I am trying to replace multiple rows of pandas dataframe, with values from another dataframe.
Supposed I have 10,000 rows of customer_id in my dataframe df1 and I want to replace these customer_id with 3,000 values from df2.
For the sake of illustration, let's generate the dataframes (below).

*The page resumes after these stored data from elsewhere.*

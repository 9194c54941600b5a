-- ===== src/GemmAr/Arrivals/Sends.antt =====
-- src/gemm_ar.cu: the commands by which a send block hands a group of chunks of one row to all peers.
use m_kernel.Prelude.{
  ℕ, zero, suc, ◌+◌, ◌-◌, ◌*◌, ◌/◌, ◌%◌, ◌^◌, max, u8, u16, u32, u64, none, List, [], ◌∷◌,
}
use m_kernel.Prelude.Int.{ℤ, pos, negsuc, sub_ℕ, to_word}
use m_kernel.Types.{TransferCmd, CmdType, zero_cmd, peer_rank_for_slot, slot_at_peer}
use m_kernel.GemmAr.Chunks.{Chunk, chunk_decode}
use m_kernel.GemmAr.Arrivals.{FusedGlobals}

abbrev pub tile_bytes : ℕ
tile_bytes = 128 * 256 * 2

-- `a * m + k`, of an `int` `a`.
abbrev pub scaled : ℤ → (m k : ℕ) → ℤ
scaled (pos a) m k = pos (a * m + k)
scaled (negsuc a) m k = sub_ℕ k ((a + 1) * m)

-- `gemm_ar_send_logical_queue`
unfoldable pub send_logical_queue : FusedGlobals → (rb_in_slice : ℕ) → ℕ
send_logical_queue g rb_in_slice = rb_in_slice % g.num_remote_queues

abbrev pub queues_per_peer : FusedGlobals → ℕ
queues_per_peer g = max 1 (g.num_remote_queues / max 1 (g.num_nodes - 1))

-- `gemm_ar_chunk_decode`, compiled for the device, where no environment is read.
abbrev pub device_decode : FusedGlobals → ℕ → Chunk
device_decode g c = chunk_decode none c g.row_blocks_per_slice g.col_blocks g.chunk_tiles g.dev_idx

abbrev pub group_tiles : FusedGlobals → (c group_k : ℕ) → ℕ
group_tiles g c group_k =
    (group_k - 1) * g.chunk_tiles + (device_decode g (c + group_k - 1)).tiles_this_chunk

abbrev pub pack_first_tile : FusedGlobals → (c : ℕ) → ℕ
pack_first_tile g c = (device_decode g c).rb_in_slice * g.col_blocks + (device_decode g c).col_start

-- The command for one peer of the group of `group_k` chunks from `c` on; `now` is the time stamp.
unfoldable pub group_cmd : FusedGlobals → (c group_k now peer_slot : ℕ) → TransferCmd
group_cmd g c group_k now peer_slot =
    let offset : ℕ = u64 (pack_first_tile g c * tile_bytes) in
    let single_peer_tiles : ℕ = g.row_blocks_per_slice * g.col_blocks in
    let peer_rank : ℕ = peer_rank_for_slot g.node_idx g.num_nodes peer_slot in
    let sap : ℤ = slot_at_peer g.node_idx peer_rank g.num_nodes in
    let logical_q : ℕ = send_logical_queue g (device_decode g c).rb_in_slice % queues_per_peer g in
    record zero_cmd {
      cmd_type = CmdType.write;
      dst_rank = u8 peer_rank;
      lane_id = to_word (2 ^ 16) (scaled sap (queues_per_peer g) logical_q);
      tile_id = to_word (2 ^ 32) (scaled sap single_peer_tiles (pack_first_tile g c));
      remote_offset =
          u64 (to_word (2 ^ 64) (scaled sap (single_peer_tiles * tile_bytes) 0) + offset);
      local_offset = offset;
      bytes = u32 (group_tiles g c group_k * tile_bytes);
      reserved0 = u8 (peer_slot * g.num_devices + g.dev_idx);
      row_count = u16 (group_tiles g c group_k);
      enqueue_device_ns = now;
    }

-- The loop over the peers, from `peer_slot` on, with `left` of them to come.
unfoldable pub group_cmds_from :
    FusedGlobals → (c group_k : ℕ) → (now : ℕ → ℕ) → (left peer_slot : ℕ) → List TransferCmd
group_cmds_from g c group_k now zero peer_slot = []
group_cmds_from g c group_k now (suc left) peer_slot =
    group_cmd g c group_k (now peer_slot) peer_slot
    ∷ group_cmds_from g c group_k now left (suc peer_slot)

unfoldable pub group_cmds : FusedGlobals → (c group_k : ℕ) → (now : ℕ → ℕ) → List TransferCmd
group_cmds g c group_k now = group_cmds_from g c group_k now (g.num_nodes - 1) 0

Say these 10 rows in df1 represent 10,000 rows, and the 3 rows from df2 represent 3,000 values.
import numpy as np
import pandas as pd
np.random.seed(42)
# Create df1 with unique values
arr1 = np.arange(100,200,10)
np.random.shuffle(arr1)
df1 = pd.DataFrame(data=arr1,
columns=['customer_id'])
# Create df2 for new unique_values
df2 = pd.DataFrame(data = [1800, 1100, 1500],
index = [180, 110, 150], # this is customer_id column on df1
columns = ['customer_id_new'])
I want to replace 180 with 1800, 110 with 1100, and 150 with 1500.

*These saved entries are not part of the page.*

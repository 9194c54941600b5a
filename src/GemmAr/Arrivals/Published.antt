-- ===== src/GemmAr/Arrivals/Published.antt =====
-- A chunk's flag says whether its mask has as many bits as there are peers.
use m_kernel.Prelude.{
  ℕ, bit_or, if_known, if◌then◌else◌, ◌∙◌, ◌≡◌, ap, leb, ltb, update, if_both, sym, ◌-◌, ◌&&◌, refl,
  ◌==◌, Bool, arith, ◌≤◌, ==_iff, false, suc, true, min, ◌*◌, zero, ◌+◌, ◌/◌,
}
use m_kernel.GemmAr.Arrivals.{
  Arrived, FusedGlobals, mark_chunk, peer_bit, popc, drain_arrival_queue, drain_from, mark_tiles,
  take_arrival, head_on, queue_word,
}
use m_kernel.GemmAr.Arrivals.Bits.{popc-bit_or}

-- The flag of a chunk with these bits.
abbrev pub flag_for : FusedGlobals → (mask : ℕ) → ℕ
flag_for g mask = if leb (g.num_nodes - 1) (popc 32 mask) then 1 else 0

abbrev pub IsPublished : FusedGlobals → Arrived → Type 0
IsPublished g s = (c : ℕ) → s.remote_arrived_flag c ≡ flag_for g (s.remote_arrived_peer_mask c)

-- The bits of the chunk after a mark.
abbrev pub new_mask : ℕ → ℕ → Arrived → ℕ
new_mask peer chunk s = bit_or (s.remote_arrived_peer_mask chunk) (peer_bit peer)

pub mark-mask :
    (g : FusedGlobals) (peer chunk : ℕ) (s : Arrived)
    → (mark_chunk g peer chunk s).remote_arrived_peer_mask
      ≡ update s.remote_arrived_peer_mask chunk (new_mask peer chunk s)
unfolding mark_chunk
mark-mask g peer chunk s =
    if_both
      (λ (t : Arrived).
        t.remote_arrived_peer_mask
        ≡ update s.remote_arrived_peer_mask chunk (new_mask peer chunk s))
      (ltb (popc 32 (s.remote_arrived_peer_mask chunk)) (g.num_nodes - 1)
        && leb (g.num_nodes - 1) (popc 32 (new_mask peer chunk s)))
      refl refl

-- An outcome of the test for the last peer, and the flag that it leaves.
Flagged : FusedGlobals → (peer chunk : ℕ) → Arrived → Arrived → Type 0
Flagged g peer chunk s t =
    (c : ℕ)
    → t.remote_arrived_flag c
      ≡ flag_for g (update s.remote_arrived_peer_mask chunk (new_mask peer chunk s) c)

last_raises :
    (g : FusedGlobals) (b : Bool) (x y flag : ℕ)
    → leb (g.num_nodes - 1) (popc 32 x) ≡ true
    → flag ≡ flag_for g y
    → (if b then 1 else flag) ≡ flag_for g (if b then x else y)
last_raises g true x y flag full is = ground arith
last_raises g false x y flag full is = is

others_keep :
    (g : FusedGlobals) (b : Bool) (x y flag : ℕ)
    → (b ≡ true → flag ≡ flag_for g x)
    → flag ≡ flag_for g y
    → flag ≡ flag_for g (if b then x else y)
others_keep g true x y flag here is = here refl
others_keep g false x y flag here is = is

-- The flag stays right as long as the last missing bit has not come.
not_last :
    (needed old new : ℕ)
    → old ≤ new
    → (ltb old needed && leb needed new) ≡ false
    → ◌≡◌ {A = ℕ} (if leb needed old then 1 else 0) (if leb needed new then 1 else 0)
not_last needed old new le early = ground arith

mark-Flagged :
    (g : FusedGlobals) (peer chunk : ℕ) (s : Arrived)
    → IsPublished g s
    → Flagged g peer chunk s (mark_chunk g peer chunk s)
unfolding mark_chunk Flagged
mark-Flagged g peer chunk s ok =
    if_known (Flagged g peer chunk s)
      (ltb (popc 32 (s.remote_arrived_peer_mask chunk)) (g.num_nodes - 1)
        && leb (g.num_nodes - 1) (popc 32 (new_mask peer chunk s)))
      (λ last c.
        last_raises g (chunk == c) (new_mask peer chunk s) (s.remote_arrived_peer_mask c)
          (s.remote_arrived_flag c) (ground (arith, last)) (ok c))
      (λ early c.
        others_keep g (chunk == c) (new_mask peer chunk s) (s.remote_arrived_peer_mask c)
          (s.remote_arrived_flag c)
          (λ same.
            ap s.remote_arrived_flag (sym ((==_iff chunk c).0 same))
            ∙ ok chunk
            ∙ not_last (g.num_nodes - 1) (popc 32 (s.remote_arrived_peer_mask chunk))
                (popc 32 (new_mask peer chunk s))
                (popc-bit_or 32 (s.remote_arrived_peer_mask chunk) (peer_bit peer)) early)
          (ok c))

pub mark-IsPublished :
    (g : FusedGlobals) (peer chunk : ℕ) (s : Arrived)
    → IsPublished g s
    → IsPublished g (mark_chunk g peer chunk s)
unfolding Flagged
mark-IsPublished g peer chunk s ok c =
    mark-Flagged g peer chunk s ok c ∙ ap (λ m. flag_for g (m c)) (sym (mark-mask g peer chunk s))

mark_tiles-IsPublished :
    (rounds : ℕ) (g : FusedGlobals) (peer rb col work : ℕ) (s : Arrived)
    → IsPublished g s
    → IsPublished g (mark_tiles rounds g peer rb col work s)
unfolding mark_tiles
mark_tiles-IsPublished zero g peer rb col work s ok = ok
mark_tiles-IsPublished (suc rounds) g peer rb col work s ok =
    let used : ℕ = min work (min g.chunk_tiles (g.col_blocks - col)) in
    let chunk : ℕ = rb * g.chunks_per_row + col / g.chunk_tiles in
    if_both (IsPublished g) (ltb 0 work && ltb col g.col_blocks && ltb 0 used)
      (mark_tiles-IsPublished rounds g peer rb (col + used) (work - used)
        (mark_chunk g peer chunk s) (mark-IsPublished g peer chunk s ok))
      ok

take-IsPublished :
    (g : FusedGlobals) (flag_val : ℕ) (s : Arrived)
    → IsPublished g s
    → IsPublished g (take_arrival g flag_val s)
unfolding take_arrival
take-IsPublished g flag_val s ok = mark_tiles-IsPublished _ g _ _ _ _ s ok

drain_from-IsPublished :
    (rounds : ℕ) (g : FusedGlobals) (q : ℕ) (any : Bool) (s : Arrived)
    → IsPublished g s
    → IsPublished g (drain_from rounds g q any s).1
unfolding drain_from
drain_from-IsPublished zero g q any s ok = ok
drain_from-IsPublished (suc rounds) g q any s ok =
    let flag_val : ℕ = queue_word g s q (s.arrival_queue_head q) in
    if_both (λ (r : Bool × Arrived). IsPublished g r.1)
      (ltb (s.arrival_queue_head q) g.remote_queue_stride && ltb 0 flag_val)
      (drain_from-IsPublished rounds g q true (take_arrival g flag_val (head_on q s))
        (take-IsPublished g flag_val (head_on q s) ok))
      ok

-- Draining a queue keeps the following, whatever words the queue holds: the flag of each chunk is 1
-- if the chunk's mask has at least as many bits set as there are other nodes, and else 0.
pub drain-IsPublished :
    (g : FusedGlobals) (q : ℕ) (s : Arrived)
    → IsPublished g s
    → IsPublished g (drain_arrival_queue g q s).1
unfolding drain_arrival_queue
drain-IsPublished g q s ok =
    drain_from-IsPublished (g.remote_queue_stride - s.arrival_queue_head q) g q false s ok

I know we can do below ...
# Replace multiple values
replace_values = {180 : 1800, 110 : 1100, 150 : 1500 }
df1_replaced = df1.replace({'customer_id': replace_values})
And it works fine if I only have a few lines...
But if I have thousands of lines that I need to replace, how could I do this without typing out what values I want to change one at a time?
EDIT: To clarify, I don't need to use replace. Anything that could replace those values in df1 from values in df2 in the fastest most efficient way is ok.